A new look at records law
By Hasso Hering
It has been 35 years since the Oregon Legislature adopted the Public Records Law, and lawmakers have been nibbling at it every two years since. By now it might make sense to take a completely new look at the law and see how it serves the public and how it does not.
The law came about at the same time as the public meetings law. Both were prompted mainly by Watergate. They were intended to get government out of the shadows and into the sunshine where the public could more easily watch and take part.
In some ways the laws were counterproductive. Where Oregon reporters had little trouble looking up public papers before, we now had a law with exemptions against which each request had to be vetted. Where previously reporters were free to do what had to be done in reporting on meetings, closed and otherwise, we now had rules that sometimes delayed when the public got the news.
As for public records, even while the legislature piled on exemptions each time it met, technology also marched on and created complications not foreseen in 1973.
E-mail, for instance.
When the law was passed, public officials could call each other on the phone and say whatever they wanted. Now they often use e-mail, and because that is a form of writing, e-mail messages are records covered by the law. But you know about the proliferation of e-mail and how it piles up and never seems to go away.
As a result, governments are routinely faced with requests to produce e-mails under the Public Records Law, and those requests can be exhaustive: “Let’s see all the e-mails exchanged over the last five years by city council members that mention franchise fees or refer to such fees indirectly.”
In defense, many local governments have adopted policies to discourage such requests by charging enormous fees. The fees may be justified in fending off nuisance requests, but they can be a burden to someone with a legitimate need to know.
In recent years, the law has been applied to messages from private citizens to their representatives in the legislature.

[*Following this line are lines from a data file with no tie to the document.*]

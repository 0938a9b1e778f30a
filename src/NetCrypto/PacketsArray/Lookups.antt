-- ===== src/NetCrypto/PacketsArray/Lookups.antt =====
-- toxcore/net_crypto.c: `get_data_pointer` after each operation on a packet window.
use insert_project_name_here.Base.{
  ℕ, ◌+◌, ◌%◌, ◌^◌, ◌≤◌, ◌<◌, ◌≡◌, ◌≢◌, refl, Bool, true, none, some, arith, u32, sub32, ltb, leb,
  ◌==◌, if◌then◌else◌, ◌&&◌,
}
use insert_project_name_here.NetCrypto.PacketsArray.{
  PacketsArray, PacketData, buffer_size, num_packets_array, add_data_to_buffer,
  add_data_end_of_buffer, read_data_beg_buffer, clear_buffer_until, set_buffer_end,
  get_data_pointer, outside, hole, found,
}
use insert_project_name_here.NetCrypto.PacketsArray.Window.{IsWindow}
use insert_project_name_here.NetCrypto.PacketsArray.Slots.{clear_slots_lem, clear_slots-end}

-- In a well-formed window, a packet that is added at the end gets the number that ended the
-- window and is found under it, and what every other number finds stays.
pub get_data_pointer-add_data_end_of_buffer :
    (a : PacketsArray) (malloc : Bool) (d : PacketData) {id : ℕ}
    → IsWindow a
    → (add_data_end_of_buffer malloc a d).1 ≡ some id
    → (m : ℕ) → m < 2 ^ 32
    → (id ≡ a.buffer_end)
      × (get_data_pointer (add_data_end_of_buffer malloc a d).0 m
          ≡ (if m == id then found d else get_data_pointer a m))
unfolding add_data_end_of_buffer get_data_pointer
get_data_pointer-add_data_end_of_buffer a malloc d w e m hm =
    ground (arith, w.start_word, w.end_word, w.fits)

-- In a well-formed window, a packet that is read at the beginning has the number that starts the
-- window and was found under it; afterwards that number is outside of the window, and what every
-- other number finds stays.
pub get_data_pointer-read_data_beg_buffer :
    (a : PacketsArray) {id : ℕ} {d : PacketData}
    → IsWindow a
    → (read_data_beg_buffer a).1 ≡ some (id, d)
    → (m : ℕ) → m < 2 ^ 32
    → (id ≡ a.buffer_start)
      × (get_data_pointer a id ≡ found d)
      × (get_data_pointer (read_data_beg_buffer a).0 m
          ≡ (if m == id then outside else get_data_pointer a m))
unfolding read_data_beg_buffer get_data_pointer
get_data_pointer-read_data_beg_buffer a w e m hm = ground (arith, w.start_word, w.end_word, w.fits)

-- In a well-formed window, when `clear_buffer_until` succeeds, the numbers before the given one
-- are outside of the window, and what every other number finds stays.
pub get_data_pointer-clear_buffer_until :
    (a : PacketsArray) (number : ℕ)
    → IsWindow a
    → number < 2 ^ 32
    → (clear_buffer_until a number).1 ≡ true
    → (m : ℕ) → m < 2 ^ 32
    → get_data_pointer (clear_buffer_until a number).0 m ≡ (
        if ltb (sub32 m a.buffer_start) (sub32 number a.buffer_start)
        then outside
        else get_data_pointer a m)
unfolding clear_buffer_until get_data_pointer
get_data_pointer-clear_buffer_until a number w hn e m hm = ground (
  arith,
  w.start_word,
  w.end_word,
  w.fits,
  clear_slots-end (sub32 number a.buffer_start) a.buffer_start number a.buffer w.start_word hn refl,
  clear_slots_lem (sub32 number a.buffer_start) a.buffer_start number a.buffer (m % buffer_size)
      w.start_word hn refl (omega arith),
)

-- The test whether number `m` lies between the old end and a later number.
abbrev pub is_between : PacketsArray → ℕ → ℕ → Bool
is_between a number m =
    leb (sub32 a.buffer_end a.buffer_start) (sub32 m a.buffer_start)
    && ltb (sub32 m a.buffer_start) (sub32 number a.buffer_start)

-- In a well-formed window, when `set_buffer_end` succeeds, the numbers from the old end to the
-- new one become holes, and what every other number finds stays.
pub get_data_pointer-set_buffer_end :
    (a : PacketsArray) (number : ℕ)
    → IsWindow a
    → number < 2 ^ 32
    → (set_buffer_end a number).1 ≡ true
    → (m : ℕ) → m < 2 ^ 32
    → get_data_pointer (set_buffer_end a number).0 m
      ≡ (if is_between a number m then hole else get_data_pointer a m)
unfolding set_buffer_end get_data_pointer
get_data_pointer-set_buffer_end a number w hn e m hm =
    ground (arith, w.start_word, w.end_word, w.fits, w.inside (m % buffer_size) (omega arith))

module _ (a : PacketsArray) (malloc : Bool) (number : ℕ) (d : PacketData) (w : IsWindow a)
    (hn : number < 2 ^ 32) (ho : sub32 number a.buffer_start < buffer_size)
    (e : (add_data_to_buffer malloc a number d).1 ≡ true) where
  lookup_self : get_data_pointer (add_data_to_buffer malloc a number d).0 number ≡ found d
  unfolding add_data_to_buffer get_data_pointer
  lookup_self = ground (arith, w.start_word, w.end_word, w.fits)

  lookup_beyond :
      (m : ℕ)
      → m < 2 ^ 32
      → m ≢ number
      → sub32 number a.buffer_start < sub32 a.buffer_end a.buffer_start
      → get_data_pointer (add_data_to_buffer malloc a number d).0 m ≡ get_data_pointer a m
  unfolding add_data_to_buffer get_data_pointer
  lookup_beyond m hm ne inner = ground (arith, w.start_word, w.end_word, w.fits)

  lookup_grown :
      (m : ℕ)
      → m < 2 ^ 32
      → m ≢ number
      → sub32 a.buffer_end a.buffer_start ≤ sub32 number a.buffer_start
      → get_data_pointer (add_data_to_buffer malloc a number d).0 m
        ≡ (if is_between a number m then hole else get_data_pointer a m)
  unfolding add_data_to_buffer get_data_pointer
  lookup_grown m hm ne outer =
      ground (arith, w.start_word, w.end_word, w.fits, w.inside (m % buffer_size) (omega arith))

-- In a well-formed window, when `add_data_to_buffer` succeeds for a number less than 32768 past
-- the start, the packet is found under its number, the numbers from the old end to it become
-- holes, and what every other number finds stays.
pub get_data_pointer-add_data_to_buffer :
    (a : PacketsArray) (malloc : Bool) (number : ℕ) (d : PacketData)
    → IsWindow a
    → number < 2 ^ 32
    → sub32 number a.buffer_start < buffer_size
    → (add_data_to_buffer malloc a number d).1 ≡ true
    → (m : ℕ) → m < 2 ^ 32
    → get_data_pointer (add_data_to_buffer malloc a number d).0 m ≡ (
        if m == number
        then found d
        else if is_between a number m
        then hole
        else get_data_pointer a m)
get_data_pointer-add_data_to_buffer a malloc number d w hn ho e m hm = ground (
  arith,
  w.start_word,
  w.end_word,
  lookup_self a malloc number d w hn ho e,
  lookup_beyond a malloc number d w hn ho e m hm,
  lookup_grown a malloc number d w hn ho e m hm,
)

-- In a well-formed window whose first number is a hole, `add_data_to_buffer` accepts the number
-- 32768 past the start: the window then has 32769 numbers, and the packet is read as the one of
-- the first number.
pub add_data_to_buffer_aliases :
    (a : PacketsArray) (d : PacketData)
    → IsWindow a
    → a.buffer (a.buffer_start % buffer_size) ≡ none
    → ((add_data_to_buffer true a (u32 (a.buffer_start + buffer_size)) d).1 ≡ true)
      × (num_packets_array (add_data_to_buffer true a (u32 (a.buffer_start + buffer_size)) d).0
          ≡ buffer_size + 1)
      × ((read_data_beg_buffer
            (add_data_to_buffer true a (u32 (a.buffer_start + buffer_size)) d).0).1
          ≡ some (a.buffer_start, d))
unfolding add_data_to_buffer read_data_beg_buffer num_packets_array
add_data_to_buffer_aliases a d w e = ground (arith, w.start_word, w.end_word, w.fits)
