-- ===== src/NetCrypto/PacketsArray/Reach.antt =====
-- toxcore/net_crypto.c: the packet windows that calls lead to, from the window of a new connection.
use insert_project_name_here.Base.{ℕ, ◌^◌, ◌≤◌, ◌<◌, refl, Bool, none, arith, sub32}
use insert_project_name_here.NetCrypto.PacketsArray.{
  PacketsArray, PacketData, buffer_size, num_packets_array, add_data_to_buffer,
  add_data_end_of_buffer, read_data_beg_buffer, clear_buffer_until, clear_buffer, set_buffer_end,
}
use insert_project_name_here.NetCrypto.PacketsArray.Window.{
  IsWindow, add_data_to_buffer-IsWindow, add_data_end_of_buffer-IsWindow,
  read_data_beg_buffer-IsWindow, clear_buffer_until-IsWindow, clear_buffer-IsWindow,
  set_buffer_end-IsWindow,
}

-- The window of a new connection.
abbrev pub new_array : PacketsArray
new_array = record { buffer = λ j. none; buffer_start = 0; buffer_end = 0 }

-- Windows that calls lead to. Numbers are words, and a packet is added at less than 32768 past the start,
-- as `handle_data_packet_helper` and `read_data_beg_buffer` keep it.
pub data Reachable : PacketsArray → Type 0 where
  at_first : Reachable new_array
  added :
      {a : PacketsArray} (malloc : Bool) (number : ℕ) (d : PacketData)
      → number < 2 ^ 32
      → sub32 number a.buffer_start < buffer_size
      → Reachable a
      → Reachable (add_data_to_buffer malloc a number d).0
  added_at_end :
      {a : PacketsArray} (malloc : Bool) (d : PacketData)
      → Reachable a
      → Reachable (add_data_end_of_buffer malloc a d).0
  read : {a : PacketsArray} → Reachable a → Reachable (read_data_beg_buffer a).0
  cleared_until :
      {a : PacketsArray} (number : ℕ)
      → number < 2 ^ 32
      → Reachable a
      → Reachable (clear_buffer_until a number).0
  cleared : {a : PacketsArray} → Reachable a → Reachable (clear_buffer a)
  ended :
      {a : PacketsArray} (number : ℕ)
      → number < 2 ^ 32
      → Reachable a
      → Reachable (set_buffer_end a number).0

new_array-IsWindow : IsWindow new_array
new_array-IsWindow = record {
  start_word = omega arith;
  end_word = omega arith;
  fits = omega arith;
  inside = λ j h k. refl;
}

IsWindow-holds : {a : PacketsArray} → Reachable a → IsWindow a
IsWindow-holds at_first = new_array-IsWindow
IsWindow-holds (added malloc number d h k r) =
    add_data_to_buffer-IsWindow malloc number d h k (IsWindow-holds r)
IsWindow-holds (added_at_end malloc d r) =
    add_data_end_of_buffer-IsWindow malloc d (IsWindow-holds r)
IsWindow-holds (read r) = read_data_beg_buffer-IsWindow (IsWindow-holds r)
IsWindow-holds (cleared_until number h r) = clear_buffer_until-IsWindow number h (IsWindow-holds r)
IsWindow-holds (cleared r) = clear_buffer-IsWindow (IsWindow-holds r)
IsWindow-holds (ended number h r) = set_buffer_end-IsWindow number h (IsWindow-holds r)

-- Every packet window that calls lead to from the window of a new connection is well formed: at
-- most 32768 numbers between words, and every slot outside of them empty. The calls are
-- `add_data_to_buffer` for a word less than 32768 past the start, `add_data_end_of_buffer`,
-- `read_data_beg_buffer`, `clear_buffer_until` and `set_buffer_end` for any word, and
-- `clear_buffer`, in any order and with or without memory.
pub Reachable-IsWindow :
    {a : PacketsArray} → Reachable a → IsWindow a × (num_packets_array a ≤ buffer_size)
unfolding num_packets_array
Reachable-IsWindow r = (IsWindow-holds r, (IsWindow-holds r).fits)
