-- ===== src/NetCrypto/Request/Bounds.antt =====
-- toxcore/net_crypto.c: the length of a request packet.
use insert_project_name_here.Base.{
  ℕ, zero, suc, ◌+◌, ◌-◌, ◌≤◌, ◌<◌, ◌≡◌, some, List, arith, u32, sub32, length,
}
use insert_project_name_here.NetCrypto.PacketsArray.{PacketsArray, Slots}
use insert_project_name_here.NetCrypto.Request.{request_bytes, generate_request_packet}

length-request_bytes :
    (k i last n room : ℕ) (f : Slots) → 0 < room → length (request_bytes k i last n room f) ≤ room
unfolding request_bytes
length-request_bytes zero i last n room f h = omega arith
length-request_bytes (suc k) i last n room f h = ground (
  arith,
  length-request_bytes k (u32 (i + 1)) last 1 (room - 1) f,
  length-request_bytes k (u32 (i + 1)) last (n + 1) room f,
)

-- The packet that `generate_request_packet` writes is never longer than the room it is given.
pub length-generate_request_packet :
    (len : ℕ) (a : PacketsArray) {p : List ℕ}
    → generate_request_packet len a ≡ some p
    → length p ≤ len
unfolding generate_request_packet
length-generate_request_packet len a e = ground (
  arith,
  length-request_bytes (sub32 a.buffer_end a.buffer_start) a.buffer_start a.buffer_end 1 (len - 1)
      a.buffer,
)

A couple of sessions ago, mid-valley Sen. Frank Morse was obliged to notify constituents of this lest they write to him with details of their private problems that they would rather not share with the world.
Openness in government is one thing, but if you’re a private citizen hoping for a law change because of a personal health issue, for instance, you don’t necessarily want everybody to know about it.
Lately the legislature has exempted the property tax records of certain public officials from disclosure. But what’s fair for some people should be fair for everybody.
In short, it may be useful after 35 years to review and rebalance the law.